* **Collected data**

[Start of section]

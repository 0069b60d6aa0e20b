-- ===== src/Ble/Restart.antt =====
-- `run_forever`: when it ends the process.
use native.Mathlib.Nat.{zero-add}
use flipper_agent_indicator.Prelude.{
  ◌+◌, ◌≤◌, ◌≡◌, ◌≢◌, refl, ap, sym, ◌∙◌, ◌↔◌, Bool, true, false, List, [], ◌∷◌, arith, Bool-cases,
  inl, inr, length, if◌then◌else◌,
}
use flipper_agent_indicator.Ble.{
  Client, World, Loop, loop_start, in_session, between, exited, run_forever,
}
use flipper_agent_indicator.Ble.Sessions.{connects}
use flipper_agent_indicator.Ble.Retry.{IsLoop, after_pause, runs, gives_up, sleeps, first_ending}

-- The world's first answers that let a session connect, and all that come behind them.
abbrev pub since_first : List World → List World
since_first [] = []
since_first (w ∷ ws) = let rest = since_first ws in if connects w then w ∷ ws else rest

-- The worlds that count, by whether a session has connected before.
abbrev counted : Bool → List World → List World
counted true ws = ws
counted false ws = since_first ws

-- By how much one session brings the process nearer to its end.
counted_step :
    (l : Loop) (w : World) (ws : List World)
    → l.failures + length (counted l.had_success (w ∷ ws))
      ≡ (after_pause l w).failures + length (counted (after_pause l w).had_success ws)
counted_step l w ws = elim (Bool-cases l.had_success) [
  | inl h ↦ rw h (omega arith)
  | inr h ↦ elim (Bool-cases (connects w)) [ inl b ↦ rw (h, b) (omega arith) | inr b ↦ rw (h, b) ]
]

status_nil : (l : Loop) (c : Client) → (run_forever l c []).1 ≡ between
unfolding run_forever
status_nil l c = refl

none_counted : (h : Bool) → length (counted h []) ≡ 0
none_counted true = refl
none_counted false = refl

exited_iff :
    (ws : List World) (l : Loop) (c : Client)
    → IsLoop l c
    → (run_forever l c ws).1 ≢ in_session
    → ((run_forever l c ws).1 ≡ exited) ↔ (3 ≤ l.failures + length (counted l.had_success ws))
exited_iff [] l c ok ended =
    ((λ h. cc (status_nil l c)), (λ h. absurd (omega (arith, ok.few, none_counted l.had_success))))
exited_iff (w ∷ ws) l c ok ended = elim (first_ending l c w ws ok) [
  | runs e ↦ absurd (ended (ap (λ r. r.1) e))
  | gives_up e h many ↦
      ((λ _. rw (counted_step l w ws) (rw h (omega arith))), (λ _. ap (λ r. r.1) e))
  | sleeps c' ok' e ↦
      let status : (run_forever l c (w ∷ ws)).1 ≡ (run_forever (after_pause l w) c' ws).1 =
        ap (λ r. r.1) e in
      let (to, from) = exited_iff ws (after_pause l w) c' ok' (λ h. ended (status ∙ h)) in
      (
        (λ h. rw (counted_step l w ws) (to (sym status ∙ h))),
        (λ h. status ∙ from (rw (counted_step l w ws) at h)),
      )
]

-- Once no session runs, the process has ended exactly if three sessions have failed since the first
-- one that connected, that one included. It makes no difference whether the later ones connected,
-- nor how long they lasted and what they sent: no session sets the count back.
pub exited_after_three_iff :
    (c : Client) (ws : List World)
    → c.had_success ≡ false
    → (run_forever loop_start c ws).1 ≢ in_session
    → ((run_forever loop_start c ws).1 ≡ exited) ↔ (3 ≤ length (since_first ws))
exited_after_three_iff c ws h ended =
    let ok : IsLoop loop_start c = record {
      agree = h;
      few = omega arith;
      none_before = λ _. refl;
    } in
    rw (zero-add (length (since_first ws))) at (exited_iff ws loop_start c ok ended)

[End of section]
[Start of section]

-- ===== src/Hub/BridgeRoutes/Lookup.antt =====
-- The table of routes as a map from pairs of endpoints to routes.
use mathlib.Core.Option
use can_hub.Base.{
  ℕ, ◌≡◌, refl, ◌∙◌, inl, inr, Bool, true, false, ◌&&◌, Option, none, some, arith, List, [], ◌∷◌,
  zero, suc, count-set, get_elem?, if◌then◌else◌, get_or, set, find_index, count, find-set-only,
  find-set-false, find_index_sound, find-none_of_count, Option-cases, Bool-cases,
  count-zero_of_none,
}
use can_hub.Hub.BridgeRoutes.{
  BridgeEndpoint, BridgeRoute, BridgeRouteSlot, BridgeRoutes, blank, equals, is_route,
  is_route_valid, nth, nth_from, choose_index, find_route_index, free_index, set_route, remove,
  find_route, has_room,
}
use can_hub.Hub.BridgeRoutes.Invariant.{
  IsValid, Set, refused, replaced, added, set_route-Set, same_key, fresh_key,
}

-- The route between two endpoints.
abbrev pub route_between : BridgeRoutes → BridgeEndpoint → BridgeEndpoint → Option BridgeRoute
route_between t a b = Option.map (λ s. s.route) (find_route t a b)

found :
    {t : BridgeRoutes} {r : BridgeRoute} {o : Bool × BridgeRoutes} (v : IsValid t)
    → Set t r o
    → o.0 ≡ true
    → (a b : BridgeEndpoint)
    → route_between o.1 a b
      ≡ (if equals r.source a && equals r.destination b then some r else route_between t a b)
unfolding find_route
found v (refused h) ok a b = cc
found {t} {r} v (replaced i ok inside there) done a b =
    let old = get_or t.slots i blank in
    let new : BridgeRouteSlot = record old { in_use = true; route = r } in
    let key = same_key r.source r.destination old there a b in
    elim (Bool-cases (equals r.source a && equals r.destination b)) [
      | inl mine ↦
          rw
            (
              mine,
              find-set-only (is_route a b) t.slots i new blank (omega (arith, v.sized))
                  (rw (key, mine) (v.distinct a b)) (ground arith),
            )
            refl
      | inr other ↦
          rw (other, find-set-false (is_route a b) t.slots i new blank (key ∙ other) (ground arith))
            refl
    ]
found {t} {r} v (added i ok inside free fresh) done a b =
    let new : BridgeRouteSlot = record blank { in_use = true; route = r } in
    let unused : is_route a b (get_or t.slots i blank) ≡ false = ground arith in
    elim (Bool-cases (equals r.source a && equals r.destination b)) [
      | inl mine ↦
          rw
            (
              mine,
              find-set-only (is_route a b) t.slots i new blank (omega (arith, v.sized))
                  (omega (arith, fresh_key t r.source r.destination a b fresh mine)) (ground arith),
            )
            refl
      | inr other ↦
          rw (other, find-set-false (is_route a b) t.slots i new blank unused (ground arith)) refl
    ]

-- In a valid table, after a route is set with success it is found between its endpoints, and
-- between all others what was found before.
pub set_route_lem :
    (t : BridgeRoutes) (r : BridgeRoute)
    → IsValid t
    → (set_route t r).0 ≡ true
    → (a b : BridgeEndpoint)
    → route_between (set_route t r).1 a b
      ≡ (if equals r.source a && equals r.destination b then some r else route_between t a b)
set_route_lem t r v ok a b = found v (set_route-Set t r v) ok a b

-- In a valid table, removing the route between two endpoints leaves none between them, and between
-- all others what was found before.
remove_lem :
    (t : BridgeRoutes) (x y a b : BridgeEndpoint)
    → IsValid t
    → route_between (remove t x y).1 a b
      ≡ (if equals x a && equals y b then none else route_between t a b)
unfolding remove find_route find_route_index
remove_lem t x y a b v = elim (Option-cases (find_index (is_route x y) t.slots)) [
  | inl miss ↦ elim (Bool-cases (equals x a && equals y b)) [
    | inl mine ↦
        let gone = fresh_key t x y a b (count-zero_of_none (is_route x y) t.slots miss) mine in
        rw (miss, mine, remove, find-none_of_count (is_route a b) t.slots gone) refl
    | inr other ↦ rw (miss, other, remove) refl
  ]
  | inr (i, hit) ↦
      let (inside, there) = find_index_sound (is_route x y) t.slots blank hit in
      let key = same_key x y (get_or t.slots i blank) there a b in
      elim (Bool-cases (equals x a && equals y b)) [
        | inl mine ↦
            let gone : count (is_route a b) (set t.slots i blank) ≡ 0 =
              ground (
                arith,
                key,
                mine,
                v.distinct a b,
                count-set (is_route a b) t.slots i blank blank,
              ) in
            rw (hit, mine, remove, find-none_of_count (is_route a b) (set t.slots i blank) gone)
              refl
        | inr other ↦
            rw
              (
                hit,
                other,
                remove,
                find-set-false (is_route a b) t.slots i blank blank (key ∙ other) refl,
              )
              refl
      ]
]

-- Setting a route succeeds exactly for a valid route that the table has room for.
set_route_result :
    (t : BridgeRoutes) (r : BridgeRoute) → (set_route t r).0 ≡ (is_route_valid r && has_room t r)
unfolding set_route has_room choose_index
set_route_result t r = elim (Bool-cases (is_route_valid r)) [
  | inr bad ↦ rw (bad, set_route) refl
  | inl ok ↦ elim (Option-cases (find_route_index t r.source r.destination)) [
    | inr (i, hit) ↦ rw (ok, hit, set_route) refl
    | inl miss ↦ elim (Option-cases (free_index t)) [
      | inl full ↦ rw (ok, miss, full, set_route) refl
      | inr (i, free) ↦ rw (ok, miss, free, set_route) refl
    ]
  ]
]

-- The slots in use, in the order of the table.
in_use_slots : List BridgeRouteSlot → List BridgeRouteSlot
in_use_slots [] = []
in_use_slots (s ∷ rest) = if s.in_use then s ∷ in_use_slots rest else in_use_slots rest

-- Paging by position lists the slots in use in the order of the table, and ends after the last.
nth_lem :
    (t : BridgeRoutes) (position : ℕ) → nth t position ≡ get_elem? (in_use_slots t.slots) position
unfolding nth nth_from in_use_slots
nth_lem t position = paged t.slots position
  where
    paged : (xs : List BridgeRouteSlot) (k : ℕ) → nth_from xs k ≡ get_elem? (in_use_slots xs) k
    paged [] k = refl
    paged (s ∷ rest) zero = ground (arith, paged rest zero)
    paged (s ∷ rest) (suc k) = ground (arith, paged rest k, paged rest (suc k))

[End of section]
[Start of section]

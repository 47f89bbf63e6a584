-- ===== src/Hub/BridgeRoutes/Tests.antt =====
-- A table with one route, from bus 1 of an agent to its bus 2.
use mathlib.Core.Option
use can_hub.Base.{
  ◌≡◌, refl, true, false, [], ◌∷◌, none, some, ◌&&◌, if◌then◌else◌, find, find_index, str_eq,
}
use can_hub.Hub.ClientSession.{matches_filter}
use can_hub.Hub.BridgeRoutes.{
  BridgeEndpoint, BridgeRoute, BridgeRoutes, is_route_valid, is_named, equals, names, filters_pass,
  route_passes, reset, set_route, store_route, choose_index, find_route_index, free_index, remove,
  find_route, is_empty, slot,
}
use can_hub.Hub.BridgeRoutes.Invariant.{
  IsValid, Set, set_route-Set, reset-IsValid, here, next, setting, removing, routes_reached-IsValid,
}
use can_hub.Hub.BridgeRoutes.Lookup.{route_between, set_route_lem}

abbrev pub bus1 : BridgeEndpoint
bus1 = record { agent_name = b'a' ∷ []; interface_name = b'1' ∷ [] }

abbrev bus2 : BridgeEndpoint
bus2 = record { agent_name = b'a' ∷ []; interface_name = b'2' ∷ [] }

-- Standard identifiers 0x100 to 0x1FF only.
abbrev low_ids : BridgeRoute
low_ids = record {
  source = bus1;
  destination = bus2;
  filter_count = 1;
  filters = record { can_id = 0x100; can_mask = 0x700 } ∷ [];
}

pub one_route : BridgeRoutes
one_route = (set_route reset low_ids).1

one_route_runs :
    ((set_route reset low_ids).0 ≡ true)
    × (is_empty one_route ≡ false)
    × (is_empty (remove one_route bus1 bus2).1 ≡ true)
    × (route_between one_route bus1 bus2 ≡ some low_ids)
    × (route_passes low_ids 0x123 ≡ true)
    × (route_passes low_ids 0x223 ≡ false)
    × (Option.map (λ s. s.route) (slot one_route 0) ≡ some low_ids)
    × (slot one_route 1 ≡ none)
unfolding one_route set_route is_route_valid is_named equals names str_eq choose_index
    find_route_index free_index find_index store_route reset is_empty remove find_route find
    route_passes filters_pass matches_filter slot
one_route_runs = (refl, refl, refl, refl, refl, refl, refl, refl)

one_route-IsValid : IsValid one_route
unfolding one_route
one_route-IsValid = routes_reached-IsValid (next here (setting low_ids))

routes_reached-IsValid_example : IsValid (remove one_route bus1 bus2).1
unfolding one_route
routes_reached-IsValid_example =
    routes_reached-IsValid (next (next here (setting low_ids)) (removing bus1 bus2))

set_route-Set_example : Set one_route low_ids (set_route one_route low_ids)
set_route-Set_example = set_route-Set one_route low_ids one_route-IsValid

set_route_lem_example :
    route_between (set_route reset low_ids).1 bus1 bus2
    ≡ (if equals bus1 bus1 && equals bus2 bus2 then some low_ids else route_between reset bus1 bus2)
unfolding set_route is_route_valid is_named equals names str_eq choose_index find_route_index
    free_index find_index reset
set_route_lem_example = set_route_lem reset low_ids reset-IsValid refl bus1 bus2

[End of section]

* **Task brief**
Go through the records above. Copy each line in which the string "unused" appears.

* **Answer box**
    let unused : is_route a b (get_or t.slots i blank) ≡ false = ground arith in
          rw (other, find-set-false (is_route a b) t.slots i new blank unused (ground arith)) refl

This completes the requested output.